Innovations in Data Management
The ongoing commitment to improving data management systems reflects the need for advanced infrastructure solutions. This includes the potential development of customized databases optimized for specific workloads, such as managing user timelines more efficiently. Additionally, caching strategies and request management processes are being explored to enhance performance and user experience. The architecture's evolution includes building a more distributed system to further mitigate issues and ensure continued reliability for users.

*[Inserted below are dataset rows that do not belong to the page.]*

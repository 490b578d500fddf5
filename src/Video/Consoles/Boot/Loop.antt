-- ===== src/Video/Consoles/Boot/Loop.antt =====
-- The loop of `init_console` sets the consoles up one after the other.
use ktux.Base.{
  ℕ, zero, suc, ◌+◌, ◌-◌, ◌*◌, ◌^◌, ◌≤◌, ◌<◌, ◌≡◌, refl, ap, sym, subst, ◌∙◌, Bool-cases, inl, inr,
  false, List, [], ◌∷◌, ltb, ge→ltb, ◌==◌, if_alike, write_self, write-ne, get_or-AllBelow, arith,
}
use native.Mathlib.Decide.{ℕ_discrete}
use ktux.Base.Run.{ok}
use ktux.Video.{Console, putch_help}
use ktux.Video.Place.{IsPlaced}
use ktux.Video.Consoles.{Display, outportb, move_csr, putch_to, putch}
use ktux.Video.Consoles.Isolation.{IsLaidOut, putch_to-kept}
use ktux.Stdio.{promote}
use ktux.Stdio.Fields.{Piece, literal, field, decimal, render}
use ktux.Stdio.Formats.{are_pieces, no_percent, ArePieces-are_pieces}
use ktux.Stdio.Rendered.{send_text}
use ktux.Stdio.Printers.{words, kprintf_help}
use ktux.Stdio.Printers.Shown.{kprintf_help-kept, kprintf_help-IsLaidOut, kprintf-renders}
use ktux.Video.Consoles.Boot.{set_up, init_vc, init_vcs}

-- A console as the kernel starts.
abbrev pub blank : Console
blank = record {
  esc = 0;
  attrib = 0;
  csr_x = 0;
  csr_y = 0;
  esc1 = 0;
  esc2 = 0;
  esc3 = 0;
  fb_adr = 0;
}

-- The first `n` consoles of a display.
abbrev pub first : ℕ → Display → Display
first n d = record d { num_vcs = n }

-- The number of consoles plays no part in output.
kprintf_help-first :
    (n c : ℕ) (d : Display) → first n (kprintf_help c d) ≡ kprintf_help c (first n d)
unfolding kprintf_help putch putch_to move_csr outportb
kprintf_help-first n c d =
    let Same : Display → Display → Type 0 = λ a b. first n a ≡ b in
    let finished =
      (putch_help d.width d.height (record { con = d.vc d.curr_vc; cells = d.cells }) c).1 in
    if_alike Same finished (if_alike Same (d.curr_vc == d.curr_vc) refl refl) refl

-- The first `n` consoles are set up, and the others are blank.
pub record IsSetUp (n width height num : ℕ) (d : Display) : Type 0 where
  pub laid : IsLaidOut (first n d)
  pub wide : d.width ≡ width
  pub high : d.height ≡ height
  pub all : d.num_vcs ≡ num
  pub blanks : (j : ℕ) → n ≤ j → d.vc j ≡ blank

kprintf_help-IsSetUp :
    (n width height num c : ℕ) (d : Display)
    → d.curr_vc < n
    → IsSetUp n width height num d
    → IsSetUp n width height num (kprintf_help c d)
unfolding kprintf_help putch
kprintf_help-IsSetUp n width height num c d known p =
    let (_, count) = kprintf_help-kept c d in
    let (w, h, vc, _, _) = putch_to-kept d.curr_vc c d in
    record {
      laid =
          subst IsLaidOut (sym (kprintf_help-first n c d))
            (kprintf_help-IsLaidOut c (first n d) p.laid known);
      wide = w ∙ p.wide;
      high = h ∙ p.high;
      all = count ∙ p.all;
      blanks = λ j le.
          ap (λ f. f j) vc
          ∙ write-ne d.vc d.curr_vc j _ (λ e. omega (arith, known))
          ∙ p.blanks j le;
    }

send_text-IsSetUp :
    (n width height num : ℕ) (t : List ℕ) (d : Display)
    → d.curr_vc < n
    → IsSetUp n width height num d
    → IsSetUp n width height num (send_text kprintf_help t d)
send_text-IsSetUp n width height num [] d known p = p
send_text-IsSetUp n width height num (c ∷ t) d known p =
    let (curr, _) = kprintf_help-kept (promote c) d in
    send_text-IsSetUp n width height num t (kprintf_help (promote c) d) (rw curr known)
      (kprintf_help-IsSetUp n width height num (promote c) d known p)

abbrev console_pieces : List Piece
console_pieces =
    literal (
      0x1B ∷ b'[' ∷ b'2' ∷ b'J' ∷ b'k' ∷ b't' ∷ b'u' ∷ b'x' ∷ b' ' ∷ b'c' ∷ b'o' ∷ b'n' ∷ b's'
      ∷ b'o' ∷ b'l' ∷ b'e' ∷ b' ' ∷ [])
    ∷ field (record { left = false; zeroes = false; wide = []; conversion = decimal })
    ∷ literal (0x0A ∷ 0x0A ∷ [])
    ∷ []

-- The place of a screen, as the code and as the layout count it.
pub area_one : (w h : ℕ) → h * w ≡ w * h
area_one w h = grind arith

area : (w h n : ℕ) → w * h * n ≡ n * (h * w)
area w h n = grind arith

set_up-current : (n : ℕ) (d : Display) → (set_up n d).curr_vc < suc n
unfolding set_up
set_up-current n d = omega arith

set_up-IsSetUp :
    (n width height num : ℕ) (d : Display)
    → IsSetUp n width height num d
    → IsSetUp (suc n) width height num (set_up n d)
unfolding set_up
set_up-IsSetUp n width height num d p =
    let laid = p.laid in
    let new = record (d.vc n) { attrib = n + 1; fb_adr = d.width * d.height * n } in
    let empty = p.blanks n (omega arith) in
    let placed : IsPlaced d.width d.height new = record {
      column = rw empty laid.columns;
      row = rw empty laid.rows;
      state = rw empty (omega arith);
    } in
    record {
      laid = record {
        columns = laid.columns;
        rows = laid.rows;
        tabs = laid.tabs;
        narrow = laid.narrow;
        low = laid.low;
        fits = laid.fits;
        screens = λ k h. elim (ℕ_discrete k n) [
          | yes e ↦ rw (e, write_self d.vc n new) (area d.width d.height n)
          | no ne ↦ rw (write-ne d.vc n k new ne) (laid.screens k (omega arith))
        ];
        cursors = λ k h. elim (ℕ_discrete k n) [
          | yes e ↦ rw (e, write_self d.vc n new) placed
          | no ne ↦ rw (write-ne d.vc n k new ne) (laid.cursors k (omega arith))
        ];
      };
      wide = p.wide;
      high = p.high;
      all = p.all;
      blanks = λ j le. write-ne d.vc n j new (λ e. omega arith) ∙ p.blanks j (omega arith);
    }

module _ (strings : ℕ → List ℕ) (width height num : ℕ) where
  init_vc-IsSetUp :
      (n : ℕ) (d : Display)
      → num < 2 ^ 32
      → n < num
      → IsSetUp n width height num d
      → (d' : Display) × (init_vc strings n d ≡ ok d') × IsSetUp (suc n) width height num d'
  unfolding init_vc are_pieces no_percent
  init_vc-IsSetUp n d small lt p =
      let ready = set_up-IsSetUp n width height num d p in
      let current : (set_up n d).curr_vc < suc n = set_up-current n d in
      let printed =
        kprintf-renders (words (n ∷ (d.num_vcs - 1) ∷ [])) strings console_pieces (set_up n d)
          (ArePieces-are_pieces console_pieces refl)
          (λ a.
            get_or-AllBelow (2 ^ 32) 0 a (n ∷ (d.num_vcs - 1) ∷ [])
              (omega arith, (omega (arith, p.all), tt)) (omega arith)) in
      elim (Bool-cases (ltb 0 n)) [
        | inl e ↦ rw e (
          _,
          printed,
          send_text-IsSetUp (suc n) width height num
              (render (words (n ∷ (d.num_vcs - 1) ∷ [])) strings 0 console_pieces) (set_up n d)
              current ready,
        )
        | inr e ↦ rw e (set_up n d, refl, ready)
      ]

  pub init_vcs-IsSetUp :
      (rounds n : ℕ) (d : Display)
      → num < 2 ^ 32
      → n ≤ num
      → num ≤ rounds + n
      → IsSetUp n width height num d
      → (d' : Display) × (init_vcs strings rounds n d ≡ ok d') × IsSetUp num width height num d'
  unfolding init_vcs
  init_vcs-IsSetUp zero n d small le enough p =
      let done : n ≡ num = omega arith in
      rw (ge→ltb n d.num_vcs (omega (arith, p.all)))
        (d, refl, subst (λ m. IsSetUp m width height num d) done p)
  init_vcs-IsSetUp (suc rounds) n d small le enough p = elim (Bool-cases (ltb n d.num_vcs)) [
    | inl more ↦
        let lt : n < d.num_vcs = ground arith in
        let (d1, run, p1) = init_vc-IsSetUp n d small (omega (arith, lt, p.all)) p in
        let next : n + 1 ≡ suc n = omega arith in
        let (d2, run2, p2) =
          init_vcs-IsSetUp rounds (suc n) d1 small (omega (arith, lt, p.all)) (omega arith) p1 in
        rw (more, run, next) (d2, run2, p2)
    | inr last ↦
        let ge : d.num_vcs ≤ n = ground arith in
        let done : n ≡ num = omega (arith, ge, p.all) in
        rw last (d, refl, subst (λ m. IsSetUp m width height num d) done p)
  ]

Bluesky has been on a roller coaster of growth for over a year. From the early days of figuring out a new distributed social protocol—AT protocol—to actually building it and inviting 30 million of their closest friends. Not only has the site gone through tremendous growth, the team has been optimizing, re-architecting, and adding features the entire time.
Jaz is a software engineer focused on the infrastructure at Bluesky, and they share how they achieved exponential growth without exponential costs. We cover some of the key components of the protocol and how that affects the architecture.
There’s some amazing advice from the trenches we know you’ll enjoy.
Show Highlights (0:00) Intro (5:00) Jaz’s background (12:30) Bluesky Infrastructure (17:00) Predicting the future (20:00) What is a PDS? (22:30) Relay and firehose (26:00) Work queues (30:00) Scaling physical servers (37:00) How do you handle incidents? (41:00) Where’s Kubernetes? (43:30) How video changes (45:00) Data locality (46:30) Hardware decisions (53:00) What bad decisions? (57:00) Launching video (1:00:00) What’s next?
About Jaz
Jaz is a software engineer who learned from on-the-job experience. They have a background with hardware which makes them better with software. If they’re not drinking Monster they’re building a single purpose database, or maybe they’re doing both. Jaz went from building with AT protocol to building AT protocol in a matter of months. They also have an impressive collection of plushies and power tools.